Supplied material below:

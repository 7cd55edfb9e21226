-- ===== src/Equal/Control.antt =====
-- Comparisons leave the control state alone.
use quuz.Prelude.{ℕ, zero, suc, ◌%◌, true, false, not, ◌==◌, leb, Bool, List, [], ◌∷◌}
use quuz.Object.Tag.{Obj}
use quuz.Object.Info.{cell_type}
use quuz.Object.CellType
use quuz.Object.PointerTag
use quuz.Machine.Store.{Payload, bytes, objs, real}
use quuz.Machine.Outcome.{M}
use quuz.Machine.Keeps.{
  Keeps, Keeps-bind, Keeps-if, Keeps-pure, Keeps-crash, Keeps-fuel, Keeps-load, Keeps-pair_at,
}
use quuz.Machine.Keeps.Cells.{Keeps-cell_ptr}
use quuz.Equal.{
  compare_bytes, compare_array, compare_reals, compare_vectors, equal_elems, equal_cells, equal,
  qz_equal,
}

compare_bytes-Keeps : (v w : Payload) → Keeps (compare_bytes v w)
compare_bytes-Keeps (bytes c xs) (bytes d ys) = Keeps-if _ (Keeps-pure _) (Keeps-pure _)
compare_bytes-Keeps (bytes c xs) _ = Keeps-crash
compare_bytes-Keeps _ w = Keeps-crash

compare_reals-Keeps : (v w : Payload) → Keeps (compare_reals v w)
compare_reals-Keeps (real x) (real y) = Keeps-pure _
compare_reals-Keeps (real x) _ = Keeps-crash
compare_reals-Keeps _ w = Keeps-crash

compare_array-Keeps : (a b : ℕ) → Keeps (compare_array a b)
unfolding compare_array
compare_array-Keeps a b =
    Keeps-bind (Keeps-load a)
      (λ x. Keeps-bind (Keeps-load b) (λ y. compare_bytes-Keeps x.value y.value))

module _ (rec : Obj → Obj → M Bool) (k : (a b : Obj) → Keeps (rec a b)) where
  equal_elems-Keeps : (xs ys : List Obj) → Keeps (equal_elems rec xs ys)
  unfolding equal_elems
  equal_elems-Keeps (x ∷ xs) (y ∷ ys) =
      Keeps-bind (k x y) (λ b. Keeps-if b (equal_elems-Keeps xs ys) (Keeps-pure _))
  equal_elems-Keeps (x ∷ xs) [] = Keeps-pure _
  equal_elems-Keeps [] ys = Keeps-pure _

  compare_vectors-Keeps : (v w : Payload) → Keeps (compare_vectors rec v w)
  compare_vectors-Keeps (objs c xs) (objs d ys) =
      Keeps-if _ (equal_elems-Keeps xs ys) (Keeps-pure _)
  compare_vectors-Keeps (objs c xs) _ = Keeps-crash
  compare_vectors-Keeps _ w = Keeps-crash

  equal_cells-Keeps : (type a b : ℕ) → Keeps (equal_cells rec type a b)
  unfolding equal_cells
  equal_cells-Keeps type a b =
      Keeps-if (leb type CellType.promise)
        (Keeps-bind (Keeps-pair_at a) (λ x.
          Keeps-bind (Keeps-pair_at b)
            (λ y. Keeps-bind (k x.0 y.0) (λ same. Keeps-if same (k y.1 y.1) (Keeps-pure _)))))
        (Keeps-if (type == CellType.string) (compare_array-Keeps a b) (
          Keeps-if (type == CellType.vector)
            (Keeps-bind (Keeps-load a)
              (λ x. Keeps-bind (Keeps-load b) (λ y. compare_vectors-Keeps x.value y.value)))
            (Keeps-if (type == CellType.bytevector) (compare_array-Keeps a b) (
              Keeps-if (type == CellType.real)
                (Keeps-bind (Keeps-load a)
                  (λ x. Keeps-bind (Keeps-load b) (λ y. compare_reals-Keeps x.value y.value)))
                Keeps-crash))))

equal-Keeps : (n : ℕ) (a b : Obj) → Keeps (equal n a b)
unfolding equal
equal-Keeps zero a b = Keeps-fuel
equal-Keeps (suc n) a b = Keeps-if (a == b) (Keeps-pure true) (
    Keeps-if (not (a % 8 == b % 8)) (Keeps-pure false) (
      Keeps-if (not (a % 8 == PointerTag.cell)) (Keeps-pure false) (
        Keeps-bind (Keeps-cell_ptr a) (λ p. Keeps-bind (Keeps-cell_ptr b) (λ q.
          Keeps-bind (Keeps-load p) (λ x. Keeps-bind (Keeps-load q) (λ y.
            Keeps-if (cell_type x.info == cell_type y.info)
              (equal_cells-Keeps (equal n) (equal-Keeps n) (cell_type x.info) p q)
              (Keeps-pure false))))))))

pub qz_equal-Keeps : (a b : Obj) → Keeps (qz_equal a b)
unfolding qz_equal
qz_equal-Keeps a b = record { kept = λ st. (equal-Keeps st.brk a b).kept st }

End of Supplied material.

Set down again, word for word, the stretch of records from the line with "compare_reals-Keeps : (v" to the line with "Keeps-bind (Keeps-pair_at b)", both of those lines included.

compare_reals-Keeps : (v w : Payload) → Keeps (compare_reals v w)
compare_reals-Keeps (real x) (real y) = Keeps-pure _
compare_reals-Keeps (real x) _ = Keeps-crash
compare_reals-Keeps _ w = Keeps-crash

compare_array-Keeps : (a b : ℕ) → Keeps (compare_array a b)
unfolding compare_array
compare_array-Keeps a b =
    Keeps-bind (Keeps-load a)
      (λ x. Keeps-bind (Keeps-load b) (λ y. compare_bytes-Keeps x.value y.value))

module _ (rec : Obj → Obj → M Bool) (k : (a b : Obj) → Keeps (rec a b)) where
  equal_elems-Keeps : (xs ys : List Obj) → Keeps (equal_elems rec xs ys)
  unfolding equal_elems
  equal_elems-Keeps (x ∷ xs) (y ∷ ys) =
      Keeps-bind (k x y) (λ b. Keeps-if b (equal_elems-Keeps xs ys) (Keeps-pure _))
  equal_elems-Keeps (x ∷ xs) [] = Keeps-pure _
  equal_elems-Keeps [] ys = Keeps-pure _

  compare_vectors-Keeps : (v w : Payload) → Keeps (compare_vectors rec v w)
  compare_vectors-Keeps (objs c xs) (objs d ys) =
      Keeps-if _ (equal_elems-Keeps xs ys) (Keeps-pure _)
  compare_vectors-Keeps (objs c xs) _ = Keeps-crash
  compare_vectors-Keeps _ w = Keeps-crash

  equal_cells-Keeps : (type a b : ℕ) → Keeps (equal_cells rec type a b)
  unfolding equal_cells
  equal_cells-Keeps type a b =
      Keeps-if (leb type CellType.promise)
        (Keeps-bind (Keeps-pair_at a) (λ x.
          Keeps-bind (Keeps-pair_at b)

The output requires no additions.